Problem to solve
Using the data below, please return every line exactly as given.

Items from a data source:
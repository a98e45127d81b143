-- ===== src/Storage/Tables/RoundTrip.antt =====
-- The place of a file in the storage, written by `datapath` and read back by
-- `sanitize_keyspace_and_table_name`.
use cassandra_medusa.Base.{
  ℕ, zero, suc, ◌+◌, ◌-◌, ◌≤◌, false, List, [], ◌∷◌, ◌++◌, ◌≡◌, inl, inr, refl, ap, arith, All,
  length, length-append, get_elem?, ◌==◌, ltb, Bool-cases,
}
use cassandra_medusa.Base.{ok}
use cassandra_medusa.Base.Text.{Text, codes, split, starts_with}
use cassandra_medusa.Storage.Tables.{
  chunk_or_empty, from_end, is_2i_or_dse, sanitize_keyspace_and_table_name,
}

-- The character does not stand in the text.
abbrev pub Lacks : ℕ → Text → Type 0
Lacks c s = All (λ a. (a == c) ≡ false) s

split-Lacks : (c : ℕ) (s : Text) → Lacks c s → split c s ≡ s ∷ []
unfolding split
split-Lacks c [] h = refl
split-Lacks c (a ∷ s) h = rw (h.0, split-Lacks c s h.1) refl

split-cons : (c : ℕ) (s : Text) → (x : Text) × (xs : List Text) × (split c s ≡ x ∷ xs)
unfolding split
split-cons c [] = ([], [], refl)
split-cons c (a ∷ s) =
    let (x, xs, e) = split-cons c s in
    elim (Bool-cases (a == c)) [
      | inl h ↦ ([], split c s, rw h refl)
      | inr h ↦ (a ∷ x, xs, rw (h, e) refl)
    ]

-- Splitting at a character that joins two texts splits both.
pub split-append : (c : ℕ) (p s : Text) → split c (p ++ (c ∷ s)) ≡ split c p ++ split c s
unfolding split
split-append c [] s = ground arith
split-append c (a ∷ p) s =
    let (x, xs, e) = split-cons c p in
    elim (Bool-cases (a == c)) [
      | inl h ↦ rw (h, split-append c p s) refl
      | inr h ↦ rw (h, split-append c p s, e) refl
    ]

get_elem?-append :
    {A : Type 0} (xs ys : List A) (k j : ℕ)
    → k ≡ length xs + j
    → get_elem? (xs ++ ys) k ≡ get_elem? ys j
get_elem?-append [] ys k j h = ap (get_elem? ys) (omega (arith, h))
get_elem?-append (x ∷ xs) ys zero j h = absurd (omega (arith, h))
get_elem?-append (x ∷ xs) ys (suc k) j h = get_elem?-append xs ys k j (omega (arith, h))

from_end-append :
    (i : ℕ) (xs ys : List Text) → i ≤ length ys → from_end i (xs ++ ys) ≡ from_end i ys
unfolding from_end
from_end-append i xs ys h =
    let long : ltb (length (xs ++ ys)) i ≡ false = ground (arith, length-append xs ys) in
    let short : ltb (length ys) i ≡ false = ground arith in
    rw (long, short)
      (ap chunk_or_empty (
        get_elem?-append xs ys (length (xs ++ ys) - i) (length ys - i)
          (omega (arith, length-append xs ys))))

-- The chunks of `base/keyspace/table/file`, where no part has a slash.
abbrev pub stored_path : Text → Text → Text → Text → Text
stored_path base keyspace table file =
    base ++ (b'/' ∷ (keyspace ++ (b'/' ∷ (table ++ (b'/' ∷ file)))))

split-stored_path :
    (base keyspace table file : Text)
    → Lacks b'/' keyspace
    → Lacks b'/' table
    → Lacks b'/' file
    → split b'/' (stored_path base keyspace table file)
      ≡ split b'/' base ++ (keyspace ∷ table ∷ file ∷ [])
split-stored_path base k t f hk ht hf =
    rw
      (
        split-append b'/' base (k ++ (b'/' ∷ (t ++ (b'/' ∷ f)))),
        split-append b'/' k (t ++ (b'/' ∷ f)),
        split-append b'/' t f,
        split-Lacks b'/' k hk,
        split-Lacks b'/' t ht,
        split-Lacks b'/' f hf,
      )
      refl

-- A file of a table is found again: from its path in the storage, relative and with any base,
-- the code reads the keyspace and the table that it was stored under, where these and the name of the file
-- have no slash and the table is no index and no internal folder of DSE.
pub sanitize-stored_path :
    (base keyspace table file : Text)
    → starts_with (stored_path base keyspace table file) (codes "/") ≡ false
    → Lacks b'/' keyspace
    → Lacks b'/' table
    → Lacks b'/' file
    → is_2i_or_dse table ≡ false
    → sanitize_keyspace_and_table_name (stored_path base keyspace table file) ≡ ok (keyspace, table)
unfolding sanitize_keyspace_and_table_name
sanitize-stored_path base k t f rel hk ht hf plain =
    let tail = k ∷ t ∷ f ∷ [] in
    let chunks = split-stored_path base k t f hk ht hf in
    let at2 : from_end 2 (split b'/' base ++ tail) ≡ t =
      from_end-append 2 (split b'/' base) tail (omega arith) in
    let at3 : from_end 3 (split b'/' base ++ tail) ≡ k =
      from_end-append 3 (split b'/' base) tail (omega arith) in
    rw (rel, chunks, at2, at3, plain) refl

Solution
repository a98e45127d81b143
-- ===== src/Storage/Tables/RoundTrip.antt =====
-- The place of a file in the storage, written by `datapath` and read back by
-- `sanitize_keyspace_and_table_name`.
use cassandra_medusa.Base.{
  ℕ, zero, suc, ◌+◌, ◌-◌, ◌≤◌, false, List, [], ◌∷◌, ◌++◌, ◌≡◌, inl, inr, refl, ap, arith, All,
  length, length-append, get_elem?, ◌==◌, ltb, Bool-cases,
}
use cassandra_medusa.Base.{ok}
use cassandra_medusa.Base.Text.{Text, codes, split, starts_with}
use cassandra_medusa.Storage.Tables.{
  chunk_or_empty, from_end, is_2i_or_dse, sanitize_keyspace_and_table_name,
}

-- The character does not stand in the text.
abbrev pub Lacks : ℕ → Text → Type 0
Lacks c s = All (λ a. (a == c) ≡ false) s

split-Lacks : (c : ℕ) (s : Text) → Lacks c s → split c s ≡ s ∷ []
unfolding split
split-Lacks c [] h = refl
split-Lacks c (a ∷ s) h = rw (h.0, split-Lacks c s h.1) refl

split-cons : (c : ℕ) (s : Text) → (x : Text) × (xs : List Text) × (split c s ≡ x ∷ xs)
unfolding split
split-cons c [] = ([], [], refl)
split-cons c (a ∷ s) =
    let (x, xs, e) = split-cons c s in
    elim (Bool-cases (a == c)) [
      | inl h ↦ ([], split c s, rw h refl)
      | inr h ↦ (a ∷ x, xs, rw (h, e) refl)
    ]

-- Splitting at a character that joins two texts splits both.
pub split-append : (c : ℕ) (p s : Text) → split c (p ++ (c ∷ s)) ≡ split c p ++ split c s
unfolding split
split-append c [] s = ground arith
split-append c (a ∷ p) s =
    let (x, xs, e) = split-cons c p in
    elim (Bool-cases (a == c)) [
      | inl h ↦ rw (h, split-append c p s) refl
      | inr h ↦ rw (h, split-append c p s, e) refl
    ]

get_elem?-append :
    {A : Type 0} (xs ys : List A) (k j : ℕ)
    → k ≡ length xs + j
    → get_elem? (xs ++ ys) k ≡ get_elem? ys j
get_elem?-append [] ys k j h = ap (get_elem? ys) (omega (arith, h))
get_elem?-append (x ∷ xs) ys zero j h = absurd (omega (arith, h))
get_elem?-append (x ∷ xs) ys (suc k) j h = get_elem?-append xs ys k j (omega (arith, h))

from_end-append :
    (i : ℕ) (xs ys : List Text) → i ≤ length ys → from_end i (xs ++ ys) ≡ from_end i ys
unfolding from_end
from_end-append i xs ys h =
    let long : ltb (length (xs ++ ys)) i ≡ false = ground (arith, length-append xs ys) in
    let short : ltb (length ys) i ≡ false = ground arith in
    rw (long, short)
      (ap chunk_or_empty (
        get_elem?-append xs ys (length (xs ++ ys) - i) (length ys - i)
          (omega (arith, length-append xs ys))))

-- The chunks of `base/keyspace/table/file`, where no part has a slash.
abbrev pub stored_path : Text → Text → Text → Text → Text
stored_path base keyspace table file =
    base ++ (b'/' ∷ (keyspace ++ (b'/' ∷ (table ++ (b'/' ∷ file)))))

split-stored_path :
    (base keyspace table file : Text)
    → Lacks b'/' keyspace
    → Lacks b'/' table
    → Lacks b'/' file
    → split b'/' (stored_path base keyspace table file)
      ≡ split b'/' base ++ (keyspace ∷ table ∷ file ∷ [])
split-stored_path base k t f hk ht hf =
    rw
      (
        split-append b'/' base (k ++ (b'/' ∷ (t ++ (b'/' ∷ f)))),
        split-append b'/' k (t ++ (b'/' ∷ f)),
        split-append b'/' t f,
        split-Lacks b'/' k hk,
        split-Lacks b'/' t ht,
        split-Lacks b'/' f hf,
      )
      refl

-- A file of a table is found again: from its path in the storage, relative and with any base,
-- the code reads the keyspace and the table that it was stored under, where these and the name of the file
-- have no slash and the table is no index and no internal folder of DSE.
pub sanitize-stored_path :
    (base keyspace table file : Text)
    → starts_with (stored_path base keyspace table file) (codes "/") ≡ false
    → Lacks b'/' keyspace
    → Lacks b'/' table
    → Lacks b'/' file
    → is_2i_or_dse table ≡ false
    → sanitize_keyspace_and_table_name (stored_path base keyspace table file) ≡ ok (keyspace, table)
unfolding sanitize_keyspace_and_table_name
sanitize-stored_path base k t f rel hk ht hf plain =
    let tail = k ∷ t ∷ f ∷ [] in
    let chunks = split-stored_path base k t f hk ht hf in
    let at2 : from_end 2 (split b'/' base ++ tail) ≡ t =
      from_end-append 2 (split b'/' base) tail (omega arith) in
    let at3 : from_end 3 (split b'/' base ++ tail) ≡ k =
      from_end-append 3 (split b'/' base) tail (omega arith) in
    rw (rel, chunks, at2, at3, plain) refl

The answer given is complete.